Тот, перекошенный от злости, вышел с проходной и начал демонстративно разминать шею. Мне разборки рядом заводом были совершенно ни к чему, особенно после сегодняшнего конфликта с начальником. Я свернул в сторону закоулка сразу за проходной и кивком позвал Петю за собой.
— Тебе чего надо?
Петя резко приблизился и упёрся лбом в мой лоб. Когда перед тобой малость взволнованный бугай, ничего исключать нельзя, в том числе удары исподтишка. Да и вообще, как говорил наш президент в будущем, когда драки не избежать — бей первым… правда, Петя вдруг резко отошел от меня, когда я уже сжал кулак для удара.
— Э! Мужики, че за дела! — послышался голос моего наставника из-за спины.
Вместе с ним подошло ещё трое работяг из моего цеха. Мужики давно успели выйти завода и даже прикупили пива на вечер. В авоськах у них лежали трёхлитровые банки с пенным.
— Петр, ты бы пыл присмирил! — сказал Семён Палыч.
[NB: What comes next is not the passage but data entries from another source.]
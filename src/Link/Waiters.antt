-- ===== src/Link/Waiters.antt =====
-- Waiting for a message: `eSL_MessageWait`, and `eSL_MessageQueue`, by which the reader task hands
-- a received message to the task that waits for it. `pvPortMalloc` is taken to succeed, which
-- the source asserts.
pub mod Delivery
use dm_matter_zigbee_bridge.Prelude.{
  ℕ, suc, ◌+◌, ◌*◌, Bool, true, false, not, Option, none, some, List, [], ◌∷◌, length, get_elem?,
  get_or, set, take, replicate, ltb, ◌==◌, if◌then◌else◌, Run, done, fault, ◌>>=◌,
}
use dm_matter_zigbee_bridge.Link.{SlStatus, ok, no_message, msg_status, Message}

abbrev pub max_message_queues : ℕ
max_message_queues = 5

-- What `pu8Message` of a slot points to: nothing, the waiting sender's own status record with the
-- type of the message that it sent, or the copy of a received message.
pub data Pointee : Type 0 where
  null : Pointee
  own_status : ℕ → Pointee
  copy : List ℕ → Pointee

-- An element of `asReaderMessageQueue`; `event` is bit 0 of its event group.
pub record Slot : Type 0 where
  pub type : ℕ
  pub len : ℕ
  pub message : Pointee
  pub event : Bool

-- The slots after `eSL_Init`.
abbrev pub init_slots : List Slot
init_slots =
    replicate max_message_queues (record { type = 0; len = 0; message = null; event = false })

abbrev pub claimed : ℕ → Pointee → Slot → Slot
claimed type p s = record s { type = type; message = if type == msg_status then p else s.message }

abbrev pub later : Slot → Option (ℕ × List Slot) → Option (ℕ × List Slot)
later s none = none
later s (some (i, slots)) = some (suc i, s ∷ slots)

-- `eSL_MessageWait` up to the wait: the first free slot is taken. `p` is what `*ppvMessage` points
-- to, and `none` stands for E_SL_ERROR.
unfoldable pub claim : ℕ → Pointee → List Slot → Option (ℕ × List Slot)
claim type p [] = none
claim type p (s ∷ slots) =
    let rest = later s (claim type p slots) in
    if s.type == 0 then some (0, claimed type p s ∷ slots) else rest

-- What the waiting task gets: the length and the message, or a time-out.
pub data Reply : Type 0 where
  delivered : ℕ → Pointee → Reply
  timed_out : Reply

-- `eSL_MessageWait` from its wake-up on. The event bit is cleared by `xEventGroupWaitBits`, which
-- is called with pdTRUE for that.
unfoldable pub wake : ℕ → List Slot → Run (Reply × List Slot)
wake i slots = elim (get_elem? slots i) [
  | none ↦ fault
  | some s ↦ done (
    if s.event then delivered s.len s.message else timed_out,
    set slots i (record s { type = 0; event = false }),
  )
]

-- `u16MessageType` of a status record: in a received message the value is big-endian at offset 2,
-- and `psWaitStatus->u16MessageType` is a little-endian load.
abbrev pub status_type : List ℕ → ℕ
status_type bytes = get_or bytes 2 0 * 256 + get_or bytes 3 0

-- A copy of less than four bytes would be read out of range.
abbrev pub awaited : Pointee → Run (Option ℕ)
awaited null = done none
awaited (own_status type) = done (some type)
awaited (copy bytes) =
    if ltb (length bytes) 4 then fault else done (some (get_or bytes 3 0 * 256 + get_or bytes 2 0))

abbrev pub deliver : Message → Slot → Slot
deliver m s = record s { len = m.len; message = copy (take m.len m.bytes); event = true }

-- Whether a waiter's slot takes a message of its type: a status has to be for what it sent.
abbrev pub matches_sender : Message → Option ℕ → Run Bool
matches_sender m none = done true
matches_sender m (some type) = done (type == status_type m.bytes)

abbrev pub takes : Message → Slot → Run Bool
takes m s = if m.type == msg_status then awaited s.message >>= matches_sender m else done true

abbrev pub keep_first : Slot → SlStatus × List Slot → Run (SlStatus × List Slot)
keep_first s r = done (r.0, s ∷ r.1)

unfoldable pub message_queue : Message → List Slot → Run (SlStatus × List Slot)
message_queue m [] = done (no_message, [])
message_queue m (s ∷ slots) =
    let rest = message_queue m slots in
    let freed = rest >>= keep_first (record s { type = 0 }) in
    let here = takes m s >>= λ t. (if t then done (ok, deliver m s ∷ slots) else freed) in
    if s.type == m.type then here else rest >>= keep_first s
Не сказать что помощь была мне нужна, всё-таки я привык решать свои проблемы самостоятельно. Но приятно, что мужики зрителями не остались.
Петя набычился — предупреждение явно его не особо впечатлило, поэтому Палыч добавил:
— А потом куда надо доложу, что ты вытворяешь, не отходя от кассы!
А вот второй аргумент подействовал. Петя разжал кулаки и перед тем как уйти, зашипел мне в лицо:
— Если не трус, приходи, как стемнеет, к гаражам, поговорим без свидетелей.
Я кивнул. Заднюю сдавать не привык.
Петя вразвалочку пошёл прочь.
— Чего там у вас случилось? — подошел и спросил наставник.
— Ерунда, — улыбнулся я. — Кому-то брови жмут.
До наступления темноты есть несколько часов, которые я планировал провести с пользой для себя.